(Beginning of Extracted material)

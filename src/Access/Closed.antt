-- ===== src/Access/Closed.antt =====
-- `do_access` of src/mlmmj-process.c fails closed.
use mlmmj.Base.{
  ℕ, ◌≡◌, refl, ◌∙◌, ◌⊎◌, inl, inr, true, false, some, List, [], ◌∷◌, ◌++◌, append-nil, arith, ◌==◌,
  ==_iff, Bool-cases, Bytes, codes, ◌≢◌, none, Option-cases, All, ◌+◌, sym, ap, Option,
}
use mlmmj.CString.{peek, rest_of, strip_prefix}
use mlmmj.Access.{
  Action, Regex, deny, parse_action, judge_rest, judge, access_from, Verdict, do_access,
}
use mlmmj.Access.Rules.{
  Rule, keyword, test, action_text, print_rule, IsClear, action?, decide_rule, judge-judge_rest,
  judge-decide_rule,
}

strip_prefix-append : (p s r : Bytes) → strip_prefix p s ≡ some r → s ≡ p ++ r
unfolding strip_prefix
strip_prefix-append [] s r h = ground arith
strip_prefix-append (x ∷ p) [] r h = absurd (cc)
strip_prefix-append (x ∷ p) (c ∷ s) r h = ground (arith, strip_prefix-append p s r)

parse_action-append :
    (s : Bytes) (a : Action) (r : Bytes) → parse_action s ≡ some (a, r) → s ≡ action_text a ++ r
unfolding parse_action
parse_action-append s a r h = ground (
  arith,
  strip_prefix-append (codes "allow") s r,
  strip_prefix-append (codes "send") s r,
  strip_prefix-append (codes "deny") s r,
  strip_prefix-append (codes "moderate") s r,
  strip_prefix-append (codes "discard") s r,
)

peek-cons : (s : Bytes) → peek s ≡ b'!' → s ≡ b'!' ∷ rest_of s
peek-cons [] h = ground arith
peek-cons (c ∷ s) h = ground arith

module _ (R : Regex) where
  -- A rule of the file either denies or is in the documented syntax.
  abbrev pub Reading : (rule : Bytes) → Type 0
  Reading rule = (r : Rule) × IsClear r × (rule ≡ print_rule r)

  rest-Reading :
      (i : ℕ) (a : Action) (rule r : Bytes) (hdrs : List Bytes)
      → rule ≡ action_text a ++ r
      → (action? R (judge_rest R i rule a r hdrs) ≡ some deny) ⊎ Reading rule
  unfolding judge_rest
  rest-Reading i a rule [] hdrs e = inr (keyword a, tt, e ∙ append-nil (action_text a))
  rest-Reading i a rule (c ∷ r) hdrs e = elim (Bool-cases (c == b' ')) [
    | inr other ↦ inl (rw other refl)
    | inl space ↦
        let c_is : c ≡ b' ' = (==_iff c b' ').0 space in
        elim (Bool-cases (peek r == b'!')) [
          | inr plain ↦ inr (test a false r, plain, ground arith)
          | inl neg ↦ inr (
            test a true (rest_of r),
            tt,
            cc (e, c_is, peek-cons r ((==_iff (peek r) b'!').0 neg)),
          )
        ]
  ]

  judge-Reading :
      (i : ℕ) (rule : Bytes) (hdrs : List Bytes)
      → (action? R (judge R i rule hdrs) ≡ some deny) ⊎ Reading rule
  judge-Reading i rule hdrs = elim (Option-cases (parse_action rule)) [
    | inl h ↦ inl (unfold judge in rw (h, judge) refl)
    | inr ((a, r), h) ↦
        rw (judge-judge_rest R i rule a r hdrs h)
          (rest-Reading i a rule r hdrs (parse_action-append rule a r h))
  ]

  -- Where the decision falls: the rules in front do not decide, and the rule does.
  pub record Deciding (rules hdrs : List Bytes) (act : Action) : Type 0 where
    pub front : List Bytes
    pub rule : Rule
    pub behind : List Bytes
    pub whole : rules ≡ front ++ print_rule rule ∷ behind
    pub fires : decide_rule R rule hdrs ≡ some act
    pub passes : All (λ s. (r : Rule) × (s ≡ print_rule r) × (decide_rule R r hdrs ≡ none)) front

  reading_decides :
      (i : ℕ) (rule : Bytes) (hdrs : List Bytes) (o : Option Verdict)
      → judge R i rule hdrs ≡ o
      → action? R o ≢ some deny
      → (r : Rule) × (rule ≡ print_rule r) × (decide_rule R r hdrs ≡ action? R o)
  reading_decides i rule hdrs o k ne = elim (judge-Reading i rule hdrs) [
    | inl d ↦ absurd (ne (sym (ap (action? R) k) ∙ d))
    | inr (r, clear, e) ↦ (
      r,
      e,
      sym (judge-decide_rule R i r hdrs clear)
          ∙ ap (action? R) (ap (λ s. judge R i s hdrs) (sym e) ∙ k),
    )
  ]

  here :
      (i : ℕ) (rule : Bytes) (rules hdrs : List Bytes) (v : Verdict)
      → judge R i rule hdrs ≡ some v
      → v.0 ≢ deny
      → Deciding (rule ∷ rules) hdrs v.0
  here i rule rules hdrs v k ne =
      let (r, e, d) = reading_decides i rule hdrs (some v) k (λ q. ne (cc)) in
      record {
        front = [];
        rule = r;
        behind = rules;
        whole = ap (λ s. s ∷ rules) e;
        fires = d;
        passes = tt;
      }

  later :
      (i : ℕ) (rule : Bytes) (rules hdrs : List Bytes) (act : Action)
      → judge R i rule hdrs ≡ none
      → Deciding rules hdrs act
      → Deciding (rule ∷ rules) hdrs act
  later i rule rules hdrs act k s =
      let (r, e, d) = reading_decides i rule hdrs none k (λ q. cc) in
      record {
        front = rule ∷ s.front;
        rule = s.rule;
        behind = s.behind;
        whole = ap (◌∷◌ rule) s.whole;
        fires = s.fires;
        passes = ((r, e, d), s.passes);
      }

  access_from-Deciding :
      (i : ℕ) (rules hdrs : List Bytes)
      → (access_from R i rules hdrs).0 ≢ deny
      → Deciding rules hdrs (access_from R i rules hdrs).0
  unfolding access_from
  access_from-Deciding i [] hdrs h = absurd (h refl)
  access_from-Deciding i (rule ∷ rules) hdrs h = elim (Option-cases (judge R i rule hdrs)) [
    | inr (v, k) ↦ rw (k, access_from) (here i rule rules hdrs v k (rw (k, access_from) at h))
    | inl k ↦
        rw (k, access_from)
          (later i rule rules hdrs _ k
            (access_from-Deciding (i + 1) rules hdrs (rw (k, access_from) at h)))
  ]

  -- A result other than a denial comes from a rule in the documented syntax that decides it, and no
  -- rule in front of that one decides: malformed rules and expressions that do not compile deny.
  pub do_access-Deciding :
      (rules hdrs : List Bytes)
      → (do_access R rules hdrs).0 ≢ deny
      → Deciding rules hdrs (do_access R rules hdrs).0
  unfolding do_access
  do_access-Deciding rules hdrs h = access_from-Deciding 0 rules hdrs h
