-- ===== src/Access/Tests.antt =====
-- Concrete runs of `do_access`, and the theorems at them.
use mlmmj.Base.{
  ◌≡◌, refl, sym, ap, ◌∙◌, ◌≢◌, Bool, true, false, none, some, List, [], ◌∷◌, map, if◌then◌else◌,
  Bytes, codes,
}
use mlmmj.CString.{str_eq, strip_prefix, strstr}
use mlmmj.Access.{
  Regex, allow, deny, moderate, invalid_character, by_keyword, Verdict, parse_action, skip_stars,
  unanchored, first_match, act_on, judge_pattern, judge_rest, judge, access_from, do_access,
}
use mlmmj.Access.Rules.{Rule, keyword, test, print_rule, decide, do_access-decide}
use mlmmj.Access.Closed.{do_access-Deciding, Deciding}

-- Expressions without special characters: a match is an occurrence. `[` alone does not compile.
abbrev occurs : Bytes → Bytes → Bool
occurs p h = elim (strstr p h) [ none ↦ false | some at ↦ true ]

abbrev plain : Regex
plain = record {
  Compiled = Bytes;
  compile = λ p. if str_eq p (codes "[") then none else some p;
  exec = occurs;
}

abbrev rules : List Rule
rules =
    test deny false (codes "^.*.*spam") ∷ test allow true (codes "X-Bad") ∷ keyword moderate ∷ []

abbrev hdrs : List Bytes
hdrs = codes "Subject: hi" ∷ codes "X-Bad: 1" ∷ []

moderates :
    do_access plain (map print_rule rules) hdrs
    ≡ (moderate, by_keyword 2 (codes "moderate") moderate)
unfolding do_access access_from judge judge_rest judge_pattern act_on first_match parse_action
    unanchored skip_stars strip_prefix str_eq strstr
moderates = refl

malformed :
    do_access plain (codes "allows" ∷ codes "allow" ∷ []) hdrs
    ≡ (deny, invalid_character 0 (codes "allows"))
unfolding do_access access_from judge judge_rest parse_action strip_prefix
malformed = refl

do_access-decide_example : (do_access plain (map print_rule rules) hdrs).0 ≡ decide plain rules hdrs
do_access-decide_example = do_access-decide plain rules hdrs (refl, (tt, (tt, tt)))

not_denied : (do_access plain (map print_rule rules) hdrs).0 ≢ deny
not_denied h = absurd (moderate-ne-deny (ap (λ (v : Verdict). v.0) (sym moderates) ∙ h))
  where
    moderate-ne-deny : moderate ≢ deny
    moderate-ne-deny e = cc

do_access-Deciding_example :
    Deciding plain (map print_rule rules) hdrs (do_access plain (map print_rule rules) hdrs).0
do_access-Deciding_example = do_access-Deciding plain (map print_rule rules) hdrs not_denied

(End of Extracted material)

Work item: Give back the lines of the listing from the one with "moderates = refl" through the end, both included, exactly as written and with nothing added.

Answer section:
moderates = refl

malformed :
    do_access plain (codes "allows" ∷ codes "allow" ∷ []) hdrs
    ≡ (deny, invalid_character 0 (codes "allows"))
unfolding do_access access_from judge judge_rest parse_action strip_prefix
malformed = refl

do_access-decide_example : (do_access plain (map print_rule rules) hdrs).0 ≡ decide plain rules hdrs
do_access-decide_example = do_access-decide plain rules hdrs (refl, (tt, (tt, tt)))

not_denied : (do_access plain (map print_rule rules) hdrs).0 ≢ deny
not_denied h = absurd (moderate-ne-deny (ap (λ (v : Verdict). v.0) (sym moderates) ∙ h))
  where
    moderate-ne-deny : moderate ≢ deny
    moderate-ne-deny e = cc

do_access-Deciding_example :
    Deciding plain (map print_rule rules) hdrs (do_access plain (map print_rule rules) hdrs).0
do_access-Deciding_example = do_access-Deciding plain (map print_rule rules) hdrs not_denied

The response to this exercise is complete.